I following is my JSON Object for DLP API call to mask specific column of data on parquet file which is on a bucket on GCS. While calli dlp.deidentify_content() method i have to pass item to it, not sure how to pass parquet file, i have already mentioned parquet file path.
inspect_config = {
'info_types': info_types,
'custom_info_types': custom_info_types,
'min_likelihood': min_likelihood,
'limits': {'max_findings_per_request': max_findings},
}
actions = [{
'saveFindings': {
'outputConfig': {
'table': {
'projectId': project,
'datasetId': 1,
'tableId': "result1"
}
}
}
}]
# Construct a storage_config containing the file's URL.

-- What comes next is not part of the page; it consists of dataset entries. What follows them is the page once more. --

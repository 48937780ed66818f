-- ===== src/Receipts.antt =====
-- internal/billing/email.go: the receipt in PDF.
mod Texts
mod Escapes
mod Document
mod Lines
pub mod Reading
mod Digits
pub mod Offsets
unfoldable pub use Texts.*
unfoldable pub use Escapes.*
unfoldable pub use Document.*
unfoldable pub use Lines.*
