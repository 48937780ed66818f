-- ===== src/Receipts/Reading.antt =====
-- The texts of a receipt, as a PDF reader reads them.
use mathlib.Core.List.{append_assoc}
use nexium_storage_back.Shared.{
  ℕ, zero, suc, ◌+◌, ◌-◌, ◌≡◌, refl, Bool, true, false, not, ◌&&◌, ◌||◌, Option, none, some, List,
  [], ◌∷◌, ◌++◌, ◌==◌, length, map, arith, if◌then◌else◌, Option-cases, Bool-cases, inl, inr, ◌∙◌,
  ap,
}
use nexium_storage_back.Receipts.Texts.{Bytes}
use nexium_storage_back.Receipts.Escapes.{
  Replacement, after_prefix, match_at, replace_from, escapes, letter, letters, pdf_str,
}

abbrev keep : ℕ → Option (Bytes × Bytes) → Option (Bytes × Bytes)
keep c none = none
keep c (some e) = some (c ∷ e.0, e.1)

-- A backslash or a parenthesis.
abbrev is_sign : ℕ → Bool
is_sign c = c == 92 || (c == 40 || c == 41)

-- How a reader reads a string after its opening parenthesis (ISO 32000-1, 7.3.4.2), and what
-- follows it: a backslash takes the next sign as it is, parentheses are balanced, and the one that
-- is left over ends the string. The other escapes are not read.
unfoldable pub read_string : ℕ → Bool → Bytes → Option (Bytes × Bytes)
read_string depth escaped [] = none
read_string depth true (c ∷ s) =
    let rest = read_string depth false s in if is_sign c then keep c rest else none
read_string zero false (c ∷ s) =
    let escape = read_string zero true s in
    let deeper = read_string 1 false s in
    let rest = read_string zero false s in
    if c == 92
    then escape
    else if c == 40
    then keep c deeper
    else if c == 41
    then some ([], s)
    else keep c rest
read_string (suc depth) false (c ∷ s) =
    let escape = read_string (suc depth) true s in
    let deeper = read_string (suc (suc depth)) false s in
    let higher = read_string depth false s in
    let rest = read_string (suc depth) false s in
    if c == 92
    then escape
    else if c == 40
    then keep c deeper
    else if c == 41
    then keep c higher
    else keep c rest

abbrev is_one_of : ℕ → Bytes → Bool
is_one_of c [] = false
is_one_of c (d ∷ ds) = c == d || is_one_of c ds

-- The code points of the letters of French, with their capitals but for Ë, Ï, Ö, Ü and Ä: those of
-- Latin-1, which are also their codes in WinAnsi.
abbrev is_french : ℕ → Bool
is_french c =
    is_one_of c
      (224 ∷ 226 ∷ 228 ∷ 231 ∷ 232 ∷ 233 ∷ 234 ∷ 235 ∷ 238 ∷ 239 ∷ 244 ∷ 246 ∷ 249 ∷ 251 ∷ 252 ∷ [])
    || is_one_of c (192 ∷ 194 ∷ 199 ∷ 200 ∷ 201 ∷ 202 ∷ 206 ∷ 212 ∷ 217 ∷ 219 ∷ [])

-- The straight quote for U+2000 + `n` - 128: ‘ and ’, “ and ”.
abbrev quote_at : ℕ → Option (ℕ × ℕ)
quote_at n =
    if n == 152 || n == 153
    then some (39, 2)
    else if n == 156 || n == 157
    then some (34, 2)
    else none

-- The character of a font that a text in UTF-8 begins by, and how many bytes follow its first one. Two
-- bytes 195 and `n` are the code point `n` + 64.
unfoldable pub char_at : Bytes → Option (ℕ × ℕ)
char_at [] = none
char_at (c ∷ []) = none
char_at (c ∷ (d ∷ [])) = if c == 195 && is_french (d + 64) then some (d + 64, 1) else none
char_at (c ∷ (d ∷ (e ∷ s))) =
    if c == 195 && is_french (d + 64)
    then some (d + 64, 1)
    else if c == 226 && d == 128
    then quote_at e
    else none

-- The text in the encoding of the fonts, after `skip` bytes of a character that is read; every other
-- byte stands for itself.
unfoldable pub win_ansi : ℕ → Bytes → Bytes
win_ansi skip [] = []
win_ansi (suc skip) (c ∷ s) = win_ansi skip s
win_ansi zero (c ∷ s) = elim (char_at (c ∷ s)) [
  | none ↦ c ∷ win_ansi 0 s
  | some (b, n) ↦ b ∷ win_ansi n s
]

abbrev char_of : Option Replacement → Option (ℕ × ℕ)
char_of none = none
char_of (some (old, [])) = none
char_of (some (old, b ∷ bs)) = some (b, length old - 1)

-- The second bytes of the letters of the code, in its order.
abbrev accents : Bytes
accents =
    169 ∷ 168 ∷ 170 ∷ 171 ∷ 160 ∷ 162 ∷ 164 ∷ 174 ∷ 175 ∷ 180 ∷ 182 ∷ 185 ∷ 187 ∷ 188 ∷ 167 ∷ 137
    ∷ 136 ∷ 138 ∷ 128 ∷ 130 ∷ 142 ∷ 148 ∷ 153 ∷ 155 ∷ 135 ∷ []

abbrev quotes : List Replacement
quotes =
    (226 ∷ 128 ∷ 153 ∷ [], 39 ∷ [])
    ∷ (226 ∷ 128 ∷ 152 ∷ [], 39 ∷ [])
    ∷ (226 ∷ 128 ∷ 156 ∷ [], 34 ∷ [])
    ∷ (226 ∷ 128 ∷ 157 ∷ [], 34 ∷ [])
    ∷ []

letters-split : letters ≡ map letter accents ++ quotes
unfolding letters
letters-split = refl

accents-match :
    (ns : Bytes) (rs : List Replacement) (c d : ℕ) (s : Bytes)
    → char_of (match_at (map letter ns ++ rs) (c ∷ (d ∷ s))) ≡ (
        if c == 195 && is_one_of d ns
        then some (d + 64, 1)
        else char_of (match_at rs (c ∷ (d ∷ s))))
unfolding match_at after_prefix
accents-match [] rs c d s = ground arith
accents-match (n ∷ ns) rs c d s = ground (arith, accents-match ns rs c d s)

accents-french : (d : ℕ) → is_one_of d accents ≡ is_french (d + 64)
accents-french d = ground arith

quotes-match :
    (c d e : ℕ) (s : Bytes)
    → char_of (match_at quotes (c ∷ (d ∷ (e ∷ s))))
      ≡ (if c == 226 && d == 128 then quote_at e else none)
unfolding match_at after_prefix
quotes-match c d e s = ground arith

accents-one :
    (ns : Bytes) (rs : List Replacement) (c : ℕ)
    → match_at (map letter ns ++ rs) (c ∷ []) ≡ match_at rs (c ∷ [])
unfolding match_at after_prefix
accents-one [] rs c = refl
accents-one (n ∷ ns) rs c = ground (arith, accents-one ns rs c)

accents-empty :
    (ns : Bytes) (rs : List Replacement) → match_at (map letter ns ++ rs) [] ≡ match_at rs []
unfolding match_at after_prefix
accents-empty [] rs = refl
accents-empty (n ∷ ns) rs = ground (arith, accents-empty ns rs)

quotes-short :
    (c d : ℕ)
    → (match_at quotes [] ≡ none)
      × (match_at quotes (c ∷ []) ≡ none)
      × (match_at quotes (c ∷ (d ∷ [])) ≡ none)
unfolding match_at after_prefix
quotes-short c d = ground arith

split_match :
    (s : Bytes) → char_of (match_at letters s) ≡ char_of (match_at (map letter accents ++ quotes) s)
split_match s = ap (λ rs. char_of (match_at rs s)) letters-split

char_of-letters : (s : Bytes) → char_of (match_at letters s) ≡ char_at s
unfolding char_at
char_of-letters [] =
    split_match [] ∙ ap char_of (accents-empty accents quotes ∙ (quotes-short 0 0).0)
char_of-letters (c ∷ []) =
    split_match (c ∷ []) ∙ ap char_of (accents-one accents quotes c ∙ (quotes-short c 0).1)
char_of-letters (c ∷ (d ∷ [])) =
    split_match (c ∷ (d ∷ []))
    ∙ accents-match accents quotes c d []
    ∙ rw (accents-french d, (quotes-short c d).2) refl
char_of-letters (c ∷ (d ∷ (e ∷ s))) =
    split_match (c ∷ (d ∷ (e ∷ s)))
    ∙ accents-match accents quotes c d (e ∷ s)
    ∙ rw (accents-french d, quotes-match c d e s) refl

abbrev is_plain : Bytes → Bool
is_plain (b ∷ []) = not (is_sign b)
is_plain [] = false
is_plain (b ∷ (c ∷ bs)) = false

all_plain : List Replacement → Bool
all_plain [] = true
all_plain (r ∷ rs) = is_plain r.1 && all_plain rs

abbrev begins_by : ℕ → Bytes → Bool
begins_by c [] = true
begins_by c (d ∷ s) = d == c

-- None of the old texts begins by the byte.
none_by : ℕ → List Replacement → Bool
none_by c [] = true
none_by c (r ∷ rs) = not (begins_by c r.0) && none_by c rs

match_at-none :
    (c : ℕ) (rs : List Replacement) (s : Bytes) → none_by c rs ≡ true → match_at rs (c ∷ s) ≡ none
unfolding match_at none_by after_prefix
match_at-none c [] s h = refl
match_at-none c (([], new) ∷ rs) s h = ground arith
match_at-none c ((d ∷ old, new) ∷ rs) s h = ground (arith, match_at-none c rs s)

match_at_plain :
    (rs : List Replacement) (s : Bytes) {r : Replacement}
    → all_plain rs ≡ true
    → match_at rs s ≡ some r
    → is_plain r.1 ≡ true
unfolding match_at all_plain
match_at_plain [] s p e = cc
match_at_plain ((old, new) ∷ rs) s {r = r} p e = ground (arith, match_at_plain rs s {r = r})

letters_plain : all_plain letters ≡ true
unfolding all_plain letters
letters_plain = refl

letters-none : (c : ℕ) (s : Bytes) → is_sign c ≡ true → match_at letters (c ∷ s) ≡ none
unfolding none_by letters
letters-none c s h = match_at-none c letters s (ground arith)

-- A byte that is no sign is matched by the letters alone.
match_at-letters :
    (c : ℕ) (s : Bytes)
    → is_sign c ≡ false
    → match_at (escapes ++ letters) (c ∷ s) ≡ match_at letters (c ∷ s)
unfolding match_at escapes after_prefix
match_at-letters c s h = ground arith

match_at-sign :
    (c : ℕ) (s : Bytes)
    → is_sign c ≡ true
    → match_at (escapes ++ letters) (c ∷ s) ≡ some (c ∷ [], 92 ∷ c ∷ [])
unfolding match_at escapes after_prefix
match_at-sign c s h = ground arith

read_string-sign :
    (c : ℕ) (t : Bytes)
    → is_sign c ≡ true
    → read_string 0 false (92 ∷ c ∷ t) ≡ keep c (read_string 0 false t)
unfolding read_string
read_string-sign c t h = ground arith

read_string-other :
    (c : ℕ) (t : Bytes)
    → is_sign c ≡ false
    → read_string 0 false (c ∷ t) ≡ keep c (read_string 0 false t)
unfolding read_string
read_string-other c t h = ground arith

read_string-plain :
    (new out rest : Bytes) (t : Bytes)
    → is_plain new ≡ true
    → read_string 0 false t ≡ some (out, rest)
    → read_string 0 false (new ++ t) ≡ some (new ++ out, rest)
read_string-plain [] out rest t h e = cc
read_string-plain (b ∷ []) out rest t h e = rw (read_string-other b t (ground arith), e) refl
read_string-plain (b ∷ (c ∷ bs)) out rest t h e = cc

replace_from-none :
    (rs : List Replacement) (c : ℕ) (s : Bytes)
    → match_at rs (c ∷ s) ≡ none
    → replace_from rs 0 (c ∷ s) ≡ c ∷ replace_from rs 0 s
unfolding replace_from
replace_from-none rs c s e = ground arith

replace_from-some :
    (rs : List Replacement) (c : ℕ) (s : Bytes) {r : Replacement}
    → match_at rs (c ∷ s) ≡ some r
    → replace_from rs 0 (c ∷ s) ≡ r.1 ++ replace_from rs (length r.0 - 1) s
unfolding replace_from
replace_from-some rs c s e = ground arith

read_string-end : (rest : Bytes) → read_string 0 false (41 ∷ rest) ≡ some ([], rest)
unfolding read_string
read_string-end rest = refl

read_string-replace :
    (skip : ℕ) (s rest : Bytes)
    → read_string 0 false (replace_from (escapes ++ letters) skip s ++ (41 ∷ rest))
      ≡ some (replace_from letters skip s, rest)
unfolding replace_from
read_string-replace zero [] rest = read_string-end rest
read_string-replace (suc skip) [] rest = read_string-end rest
read_string-replace (suc skip) (c ∷ s) rest = read_string-replace skip s rest
read_string-replace zero (c ∷ s) rest = elim (Bool-cases (is_sign c)) [
  | inl sign ↦ rw (
    replace_from-some _ c s (match_at-sign c s sign),
    replace_from-none _ c s (letters-none c s sign),
    read_string-sign c (replace_from (escapes ++ letters) 0 s ++ (41 ∷ rest)) sign,
    read_string-replace zero s rest,
  )
  | inr other ↦ elim (Option-cases (match_at letters (c ∷ s))) [
    | inl e ↦ rw (
      replace_from-none _ c s (match_at-letters c s other ∙ e),
      replace_from-none _ c s e,
      read_string-other c (replace_from (escapes ++ letters) 0 s ++ (41 ∷ rest)) other,
      read_string-replace zero s rest,
    )
    | inr (r, e) ↦
        rw
          (
            replace_from-some _ c s (match_at-letters c s other ∙ e),
            replace_from-some _ c s e,
            append_assoc,
          )
          (read_string-plain r.1 _ rest _ (match_at_plain letters (c ∷ s) letters_plain e)
            (read_string-replace (length r.0 - 1) s rest))
  ]
]

-- The replacements of the letters are the encoding.
letters-win_ansi : (skip : ℕ) (s : Bytes) → replace_from letters skip s ≡ win_ansi skip s
unfolding replace_from win_ansi
letters-win_ansi skip [] = ground arith
letters-win_ansi (suc skip) (c ∷ s) = letters-win_ansi skip s
letters-win_ansi zero (c ∷ s) = elim (Option-cases (match_at letters (c ∷ s))) [
  | inl e ↦ ground (arith, char_of-letters (c ∷ s), letters-win_ansi 0 s)
  | inr (r, e) ↦ ground (
    arith,
    char_of-letters (c ∷ s),
    match_at_plain letters (c ∷ s) {r = r} letters_plain e,
    letters-win_ansi (length r.0 - 1) s,
  )
]

-- A reader gets the text of a line back, in the encoding of the fonts, and the string ends where it is
-- meant to: no name, whatever its bytes, ends it early or adds operators. The encoding is that of
-- `win_ansi`: the code of WinAnsi for the letters that it lists, a straight quote for a curly one, and
-- every other byte, also of a letter that is not listed, as it stands.
pub read_string-pdf_str :
    (s rest : Bytes) → read_string 0 false (pdf_str s ++ (41 ∷ rest)) ≡ some (win_ansi 0 s, rest)
unfolding pdf_str
read_string-pdf_str s rest =
    read_string-replace 0 s rest ∙ ap (λ t. some (t, rest)) (letters-win_ansi 0 s)
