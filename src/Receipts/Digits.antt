-- ===== src/Receipts/Digits.antt =====
-- The numbers of the receipt, read back from their digits.
use nexium_storage_back.Shared.{
  ℕ, zero, suc, ◌+◌, ◌-◌, ◌*◌, ◌/◌, ◌%◌, ◌^◌, ◌≤◌, ◌<◌, ◌≡◌, refl, [], ◌∷◌, ◌++◌, arith, length,
  length-append, ap, ◌∙◌,
}
use nexium_storage_back.Receipts.Texts.{Bytes, codes, repeat, digits, decimal, padded}
use nexium_storage_back.Receipts.Document.{xref_entry}

-- The number that the digits are read as.
unfoldable pub number : Bytes → ℕ → ℕ
number [] n = n
number (c ∷ s) n = number s (n * 10 + (c - 48))

number-digits : (fuel n : ℕ) (out : Bytes) → n ≤ fuel → number (digits fuel n out) 0 ≡ number out n
unfolding digits number
number-digits zero n out h = ap (number out) (omega arith)
number-digits (suc fuel) n out h = ground (arith, number-digits fuel (n / 10) ((48 + n % 10) ∷ out))

number-repeat : (k : ℕ) (s : Bytes) → number (repeat k 48 ++ s) 0 ≡ number s 0
unfolding number
number-repeat zero s = refl
number-repeat (suc k) s = number-repeat k s

number-decimal : (n : ℕ) → number (decimal n) 0 ≡ n
unfolding decimal number
number-decimal n = ground (arith, number-digits n n [])

length-digits :
    (k fuel n : ℕ) (out : Bytes) → n < 10 ^ k → length (digits fuel n out) ≤ k + length out
unfolding digits
length-digits k zero n out h = omega arith
length-digits zero (suc fuel) n out h = ground arith
length-digits (suc k) (suc fuel) n out h =
    ground (arith, length-digits k fuel (n / 10) ((48 + n % 10) ∷ out))

length-decimal : (n : ℕ) → n < 10 ^ 10 → length (decimal n) ≤ 10
unfolding decimal
length-decimal n h = ground (arith, length-digits 10 n n [])

length-repeat : (k c : ℕ) → length (repeat k c) ≡ k
length-repeat zero c = refl
length-repeat (suc k) c = ap suc (length-repeat k c)

pub length-padded : (n : ℕ) → n < 10 ^ 10 → length (padded 10 n) ≡ 10
unfolding padded
length-padded n h =
    length-append (repeat (10 - length (decimal n)) 48) (decimal n)
    ∙ omega (arith, length-repeat (10 - length (decimal n)) 48, length-decimal n h)

pub number-padded : (n : ℕ) → number (padded 10 n) 0 ≡ n
unfolding padded
number-padded n = number-repeat (10 - length (decimal n)) (decimal n) ∙ number-decimal n

pub length-xref_entry : (n : ℕ) → n < 10 ^ 10 → length (xref_entry n) ≡ 20
unfolding xref_entry
length-xref_entry n h =
    length-append (padded 10 n) (codes " 00000 n \n") ∙ omega (arith, length-padded n h)
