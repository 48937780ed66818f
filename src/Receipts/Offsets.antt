-- ===== src/Receipts/Offsets.antt =====
-- The table of offsets of a receipt, as a reader follows it.
use mathlib.Core.List.{append_assoc, append-nil}
use nexium_storage_back.Shared.{
  ℕ, suc, ◌+◌, ◌*◌, ◌^◌, ◌<◌, ◌≡◌, refl, sym, List, [], ◌∷◌, ◌++◌, arith, length, take, drop,
  length-append, drop-append, take-append, ap, ◌∙◌,
}
use nexium_storage_back.Receipts.Texts.{Bytes, codes, padded}
use nexium_storage_back.Receipts.Document.{
  PdfLine, objects_of, content_of, write_objects, xref_entry, xref_entries, xref_head, trailer,
  header, body_of, build_pdf,
}
use nexium_storage_back.Receipts.Digits.{number, number-padded, length-padded, length-xref_entry}

-- The ten digits that a reader finds at the position.
abbrev number_at : Bytes → ℕ → ℕ
number_at doc p = number (take 10 (drop p doc)) 0

number_at-entry :
    (pre rest : Bytes) (n : ℕ)
    → n < 10 ^ 10
    → number_at (pre ++ (xref_entry n ++ rest)) (length pre) ≡ n
unfolding xref_entry
number_at-entry pre rest n h =
    let digits_of : Bytes = padded 10 n in
    rw (drop-append pre (xref_entry n ++ rest), append_assoc)
      (ap (λ k. number (take k (digits_of ++ (codes " 00000 n \n" ++ rest))) 0)
          (sym (length-padded n h))
        ∙ ap (λ s. number s 0) (take-append digits_of (codes " 00000 n \n" ++ rest))
        ∙ number-padded n)

-- The offsets lead to the objects.
abbrev Points : List ℕ → List Bytes → Bytes → Type 0
Points ns [] doc = Unit
Points [] (o ∷ os) doc = ⊥
Points (n ∷ ns) (o ∷ os) doc = (take (length o) (drop n doc) ≡ o) × Points ns os doc

write_objects-extends :
    (buf : Bytes) (os : List Bytes) → (tail : Bytes) × ((write_objects buf os).0 ≡ buf ++ tail)
unfolding write_objects
write_objects-extends buf [] = ([], sym (append-nil buf))
write_objects-extends buf (o ∷ os) =
    let (tail, e) = write_objects-extends (buf ++ o) os in (o ++ tail, e ∙ append_assoc buf o tail)

write_objects-Points :
    (buf : Bytes) (os : List Bytes) (more : Bytes)
    → Points (write_objects buf os).1 os ((write_objects buf os).0 ++ more)
unfolding write_objects
write_objects-Points buf [] more = tt
write_objects-Points buf (o ∷ os) more =
    let (tail, e) = write_objects-extends (buf ++ o) os in
    let shape : (write_objects (buf ++ o) os).0 ++ more ≡ buf ++ (o ++ (tail ++ more)) =
      rw e (simp append_assoc) in
    (
      rw (shape, drop-append buf (o ++ (tail ++ more))) (take-append o (tail ++ more)),
      write_objects-Points (buf ++ o) os more,
    )

abbrev AllBelow : ℕ → List ℕ → Type 0
AllBelow bound [] = Unit
AllBelow bound (n ∷ ns) = (n < bound) × AllBelow bound ns

write_objects-AllBelow :
    (bound : ℕ) (buf : Bytes) (os : List Bytes)
    → length (write_objects buf os).0 < bound
    → AllBelow bound (write_objects buf os).1
unfolding write_objects
write_objects-AllBelow bound buf [] h = tt
write_objects-AllBelow bound buf (o ∷ os) h =
    let (tail, e) = write_objects-extends (buf ++ o) os in
    (
      omega (arith, ap length e, length-append (buf ++ o) tail, length-append buf o),
      write_objects-AllBelow bound (buf ++ o) os h,
    )

length-write_objects : (buf : Bytes) (os : List Bytes) → length (write_objects buf os).1 ≡ length os
unfolding write_objects
length-write_objects buf [] = refl
length-write_objects buf (o ∷ os) = ap suc (length-write_objects (buf ++ o) os)

length-xref_entries :
    (ns : List ℕ) → AllBelow (10 ^ 10) ns → length (xref_entries ns) ≡ 20 * length ns
unfolding xref_entries
length-xref_entries [] h = refl
length-xref_entries (n ∷ ns) h =
    length-append (xref_entry n) (xref_entries ns)
    ∙ omega (arith, length-xref_entry n h.0, length-xref_entries ns h.1)

-- Each entry of the table, from the position on, leads to its object.
abbrev pub Resolves : Bytes → ℕ → List Bytes → Type 0
Resolves doc p [] = Unit
Resolves doc p (o ∷ os) =
    (take (length o) (drop (number_at doc p) doc) ≡ o) × Resolves doc (p + 20) os

next_position :
    (pre : Bytes) (n p : ℕ) → n < 10 ^ 10 → p ≡ length pre → p + 20 ≡ length (pre ++ xref_entry n)
next_position pre n p h at = omega (arith, length-append pre (xref_entry n), length-xref_entry n h)

Points-Resolves :
    (ns : List ℕ) (os : List Bytes) (pre rest doc : Bytes)
    → doc ≡ pre ++ (xref_entries ns ++ rest)
    → AllBelow (10 ^ 10) ns
    → Points ns os doc
    → (p : ℕ) → p ≡ length pre
    → Resolves doc p os
unfolding xref_entries
Points-Resolves ns [] pre rest doc e h points p at = tt
Points-Resolves [] (o ∷ os) pre rest doc e h points p at = absurd points
Points-Resolves (n ∷ ns) (o ∷ os) pre rest doc e h points p at =
    let more : Bytes = xref_entries ns ++ rest in
    let shape : doc ≡ pre ++ (xref_entry n ++ more) = e ∙ simp append_assoc in
    let here : number_at doc p ≡ n = rw (at, shape) (number_at-entry pre more n h.0) in
    (
      rw here points.0,
      Points-Resolves ns os (pre ++ xref_entry n) rest doc
          (shape ∙ sym (append_assoc pre (xref_entry n) more)) h.1 points.1 (p + 20)
          (next_position pre n p h.0 at),
    )

drop_at : (n : ℕ) (xs ys : Bytes) → n ≡ length xs → drop n (xs ++ ys) ≡ ys
drop_at n xs ys e = rw e (drop-append xs ys)

split_end : (xs ys zs end : Bytes) → xs ++ (ys ++ (zs ++ end)) ≡ (xs ++ (ys ++ zs)) ++ end
split_end xs ys zs end = simp append_assoc

six_objects : (content : Bytes) → length (objects_of content) ≡ 6
unfolding objects_of
six_objects content = refl

-- A reader that is given the position of the table finds its head there, its end after six entries,
-- and by the entries each of the six objects, where the document is below ten thousand million bytes:
-- the ten digits of an entry hold no more.
pub build_pdf-Resolves :
    (ls : List PdfLine)
    → length (build_pdf ls) < 10_000_000_000
    → let doc = build_pdf ls in
      let xref_offset = length (body_of ls).0 in
      let first = xref_offset + length xref_head in
      (take (length xref_head) (drop xref_offset doc) ≡ xref_head)
      × Resolves doc first (objects_of (content_of ls))
      × (drop (first + 20 * 6) doc ≡ trailer xref_offset)
unfolding build_pdf
build_pdf-Resolves ls h =
    let os : List Bytes = objects_of (content_of ls) in
    let buf : Bytes = (body_of ls).0 in
    let ns : List ℕ = (body_of ls).1 in
    let doc : Bytes = build_pdf ls in
    let end : Bytes = trailer (length buf) in
    let small =
      write_objects-AllBelow (10 ^ 10) header os
        (omega (arith, h, length-append buf (xref_head ++ (xref_entries ns ++ end)))) in
    (
      rw (drop-append buf (xref_head ++ (xref_entries ns ++ end)))
          (take-append xref_head (xref_entries ns ++ end)),
      Points-Resolves ns os (buf ++ xref_head) end doc (sym (append_assoc buf xref_head _)) small
          (write_objects-Points header os (xref_head ++ (xref_entries ns ++ end))) _
          (sym (length-append buf xref_head)),
      ap (drop _) (split_end buf xref_head (xref_entries ns) end)
          ∙ drop_at _ (buf ++ (xref_head ++ xref_entries ns)) end (
              omega (
                arith,
                length-append buf (xref_head ++ xref_entries ns),
                length-append xref_head (xref_entries ns),
                length-xref_entries ns small,
                length-write_objects header os,
                six_objects (content_of ls),
              )),
    )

url = 'gs://{}/{}'.format(bucket, filename)
storage_config = {
'cloud_storage_options': {
'file_set': {'url': url}
}
}
# Construct deidentify configuration dictionary
deidentify_config = {
"recordTransformations": {
"fieldTransformations": [
{
"fields": [
{
"name": "IP-address"
}
],
"primitiveTransformation": {
"cryptoHashConfig": {
"cryptoKey": {
"transient": {
"name": "[TRANSIENT-CRYPTO-KEY-1]"
}
}
}
}
},
{
"fields": [
{
"name": "comments"
}
],
"infoTypeTransformations": {
"transformations": [
{
"infoTypes": [
{
"name": "PHONE_NUMBER"
},
{
"name": "EMAIL_ADDRESS"
},
{
"name": "IP_ADDRESS"
}
],
"primitiveTransformation": {
"cryptoHashConfig": {
"cryptoKey": {
"transient": {
"name": "[TRANSIENT-CRYPTO-KEY-2]"
}
}
}
}
}
]
}
}
]
}
}
# Call the API
response = dlp.deidentify_content(
parent, inspect_config=inspect_config,
deidentify_config=deidentify_config, item=item)
What i am trying to accomplish is to mask parquet file which is on GCS bucket and mask few column and the stored the masked parquet file as table on BigQuery table.